Records —
##########

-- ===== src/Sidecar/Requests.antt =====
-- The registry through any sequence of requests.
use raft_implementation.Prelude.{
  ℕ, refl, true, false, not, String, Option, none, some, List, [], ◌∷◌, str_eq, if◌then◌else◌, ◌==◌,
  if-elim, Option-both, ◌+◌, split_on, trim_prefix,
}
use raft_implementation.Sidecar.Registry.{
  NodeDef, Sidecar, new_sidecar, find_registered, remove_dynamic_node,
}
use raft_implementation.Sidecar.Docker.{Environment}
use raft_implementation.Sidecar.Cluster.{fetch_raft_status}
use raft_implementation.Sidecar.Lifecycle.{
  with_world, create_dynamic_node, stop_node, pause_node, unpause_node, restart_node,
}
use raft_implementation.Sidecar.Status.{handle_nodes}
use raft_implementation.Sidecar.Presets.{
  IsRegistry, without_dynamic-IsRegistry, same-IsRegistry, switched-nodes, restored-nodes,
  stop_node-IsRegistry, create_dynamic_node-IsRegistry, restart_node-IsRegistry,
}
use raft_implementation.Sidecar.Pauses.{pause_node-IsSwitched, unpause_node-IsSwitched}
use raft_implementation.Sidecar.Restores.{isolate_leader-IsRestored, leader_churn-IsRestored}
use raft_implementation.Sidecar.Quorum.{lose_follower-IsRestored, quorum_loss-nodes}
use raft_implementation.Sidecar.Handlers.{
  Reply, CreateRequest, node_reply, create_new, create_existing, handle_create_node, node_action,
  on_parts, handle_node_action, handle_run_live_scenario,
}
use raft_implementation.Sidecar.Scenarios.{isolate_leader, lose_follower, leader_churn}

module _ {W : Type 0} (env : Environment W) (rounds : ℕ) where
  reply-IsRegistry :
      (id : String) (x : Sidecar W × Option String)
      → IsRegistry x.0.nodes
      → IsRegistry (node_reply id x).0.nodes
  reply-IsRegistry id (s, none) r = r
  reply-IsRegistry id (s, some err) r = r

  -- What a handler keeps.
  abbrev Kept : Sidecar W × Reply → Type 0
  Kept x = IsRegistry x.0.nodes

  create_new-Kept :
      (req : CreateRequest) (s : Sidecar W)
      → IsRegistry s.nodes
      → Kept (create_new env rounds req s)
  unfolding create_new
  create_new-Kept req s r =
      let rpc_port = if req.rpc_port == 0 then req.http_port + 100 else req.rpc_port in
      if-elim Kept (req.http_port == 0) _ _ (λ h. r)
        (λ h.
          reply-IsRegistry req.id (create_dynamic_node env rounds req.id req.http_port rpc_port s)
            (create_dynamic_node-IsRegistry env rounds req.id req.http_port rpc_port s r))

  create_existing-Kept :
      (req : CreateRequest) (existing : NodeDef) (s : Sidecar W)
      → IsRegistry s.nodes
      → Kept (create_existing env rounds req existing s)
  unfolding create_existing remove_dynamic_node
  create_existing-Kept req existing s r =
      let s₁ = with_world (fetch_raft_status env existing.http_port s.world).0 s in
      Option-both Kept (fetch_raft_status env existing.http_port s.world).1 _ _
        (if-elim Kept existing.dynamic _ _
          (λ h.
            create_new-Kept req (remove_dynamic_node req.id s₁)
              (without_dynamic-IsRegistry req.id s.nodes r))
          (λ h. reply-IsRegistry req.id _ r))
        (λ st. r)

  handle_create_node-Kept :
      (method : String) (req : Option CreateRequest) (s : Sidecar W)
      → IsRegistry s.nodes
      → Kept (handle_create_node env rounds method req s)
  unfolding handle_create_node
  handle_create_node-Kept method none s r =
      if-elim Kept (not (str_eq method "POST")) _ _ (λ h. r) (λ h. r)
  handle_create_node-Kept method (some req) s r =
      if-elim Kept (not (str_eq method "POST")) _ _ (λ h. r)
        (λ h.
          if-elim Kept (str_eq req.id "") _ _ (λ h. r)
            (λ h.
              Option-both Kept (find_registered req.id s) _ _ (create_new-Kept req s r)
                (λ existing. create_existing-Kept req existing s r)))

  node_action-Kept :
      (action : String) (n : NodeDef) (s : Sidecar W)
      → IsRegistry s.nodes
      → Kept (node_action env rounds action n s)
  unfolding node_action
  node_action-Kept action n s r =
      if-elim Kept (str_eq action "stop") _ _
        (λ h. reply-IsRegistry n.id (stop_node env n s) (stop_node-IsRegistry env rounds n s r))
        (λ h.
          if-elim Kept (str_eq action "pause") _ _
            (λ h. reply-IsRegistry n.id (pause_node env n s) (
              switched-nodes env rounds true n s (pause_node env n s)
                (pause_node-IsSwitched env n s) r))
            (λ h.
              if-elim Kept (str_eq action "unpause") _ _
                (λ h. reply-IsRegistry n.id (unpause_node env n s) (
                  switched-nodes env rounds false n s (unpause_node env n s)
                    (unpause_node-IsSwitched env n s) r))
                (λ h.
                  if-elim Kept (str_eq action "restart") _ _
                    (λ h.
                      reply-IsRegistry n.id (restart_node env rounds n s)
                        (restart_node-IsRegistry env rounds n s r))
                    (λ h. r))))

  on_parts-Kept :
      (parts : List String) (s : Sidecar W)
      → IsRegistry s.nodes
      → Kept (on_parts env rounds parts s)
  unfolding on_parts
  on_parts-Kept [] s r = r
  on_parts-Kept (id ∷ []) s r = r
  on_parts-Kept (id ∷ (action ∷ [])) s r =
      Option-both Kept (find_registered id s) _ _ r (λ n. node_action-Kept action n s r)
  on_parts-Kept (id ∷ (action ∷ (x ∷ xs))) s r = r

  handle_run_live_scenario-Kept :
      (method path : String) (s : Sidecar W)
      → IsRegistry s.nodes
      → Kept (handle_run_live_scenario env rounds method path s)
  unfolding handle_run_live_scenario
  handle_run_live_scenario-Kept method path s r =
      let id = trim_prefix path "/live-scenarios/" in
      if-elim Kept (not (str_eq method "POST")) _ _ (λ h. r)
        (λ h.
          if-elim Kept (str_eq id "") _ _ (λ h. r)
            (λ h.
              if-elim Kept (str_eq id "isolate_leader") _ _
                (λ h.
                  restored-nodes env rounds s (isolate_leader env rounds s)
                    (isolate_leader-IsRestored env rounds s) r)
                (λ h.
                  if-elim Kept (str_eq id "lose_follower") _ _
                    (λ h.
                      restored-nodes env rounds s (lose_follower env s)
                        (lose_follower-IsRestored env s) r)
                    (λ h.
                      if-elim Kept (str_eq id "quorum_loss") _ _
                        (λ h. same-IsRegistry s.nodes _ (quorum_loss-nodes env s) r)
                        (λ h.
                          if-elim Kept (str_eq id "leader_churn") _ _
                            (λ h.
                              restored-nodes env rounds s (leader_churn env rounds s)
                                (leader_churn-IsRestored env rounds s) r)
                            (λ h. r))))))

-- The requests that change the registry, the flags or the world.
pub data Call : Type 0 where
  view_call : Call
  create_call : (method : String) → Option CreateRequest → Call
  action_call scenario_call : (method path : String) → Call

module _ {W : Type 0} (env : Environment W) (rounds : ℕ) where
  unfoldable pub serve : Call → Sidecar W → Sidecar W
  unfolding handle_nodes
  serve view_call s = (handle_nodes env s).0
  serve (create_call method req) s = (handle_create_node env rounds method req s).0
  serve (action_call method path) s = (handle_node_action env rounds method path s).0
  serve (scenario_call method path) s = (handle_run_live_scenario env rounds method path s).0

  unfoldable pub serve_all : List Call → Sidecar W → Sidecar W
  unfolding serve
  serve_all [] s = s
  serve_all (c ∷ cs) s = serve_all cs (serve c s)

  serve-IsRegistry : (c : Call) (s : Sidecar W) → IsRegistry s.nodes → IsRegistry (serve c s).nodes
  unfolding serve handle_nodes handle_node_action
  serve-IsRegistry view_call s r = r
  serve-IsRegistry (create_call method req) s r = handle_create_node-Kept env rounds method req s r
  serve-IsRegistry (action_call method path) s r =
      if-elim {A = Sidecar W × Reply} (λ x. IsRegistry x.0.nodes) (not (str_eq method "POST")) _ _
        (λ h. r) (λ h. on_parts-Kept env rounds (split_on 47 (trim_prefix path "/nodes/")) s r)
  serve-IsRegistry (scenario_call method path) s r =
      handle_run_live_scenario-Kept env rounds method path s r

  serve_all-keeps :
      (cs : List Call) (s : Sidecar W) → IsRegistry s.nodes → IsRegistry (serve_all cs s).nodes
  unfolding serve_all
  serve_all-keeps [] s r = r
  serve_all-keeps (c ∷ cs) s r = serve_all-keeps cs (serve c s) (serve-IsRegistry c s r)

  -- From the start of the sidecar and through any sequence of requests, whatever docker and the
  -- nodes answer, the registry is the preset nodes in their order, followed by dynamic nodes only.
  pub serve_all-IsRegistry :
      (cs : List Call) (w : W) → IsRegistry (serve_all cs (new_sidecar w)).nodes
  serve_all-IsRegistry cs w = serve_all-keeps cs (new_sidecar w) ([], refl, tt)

##########

Goal of the exercise —
Here the output must be the lines above from the line with "unfoldable pub serve_all" to the line with "(λ x. IsRegistry", both included, duplicated word for word and nothing else.

Output —
  unfoldable pub serve_all : List Call → Sidecar W → Sidecar W
  unfolding serve
  serve_all [] s = s
  serve_all (c ∷ cs) s = serve_all cs (serve c s)

  serve-IsRegistry : (c : Call) (s : Sidecar W) → IsRegistry s.nodes → IsRegistry (serve c s).nodes
  unfolding serve handle_nodes handle_node_action
  serve-IsRegistry view_call s r = r
  serve-IsRegistry (create_call method req) s r = handle_create_node-Kept env rounds method req s r
  serve-IsRegistry (action_call method path) s r =
      if-elim {A = Sidecar W × Reply} (λ x. IsRegistry x.0.nodes) (not (str_eq method "POST")) _ _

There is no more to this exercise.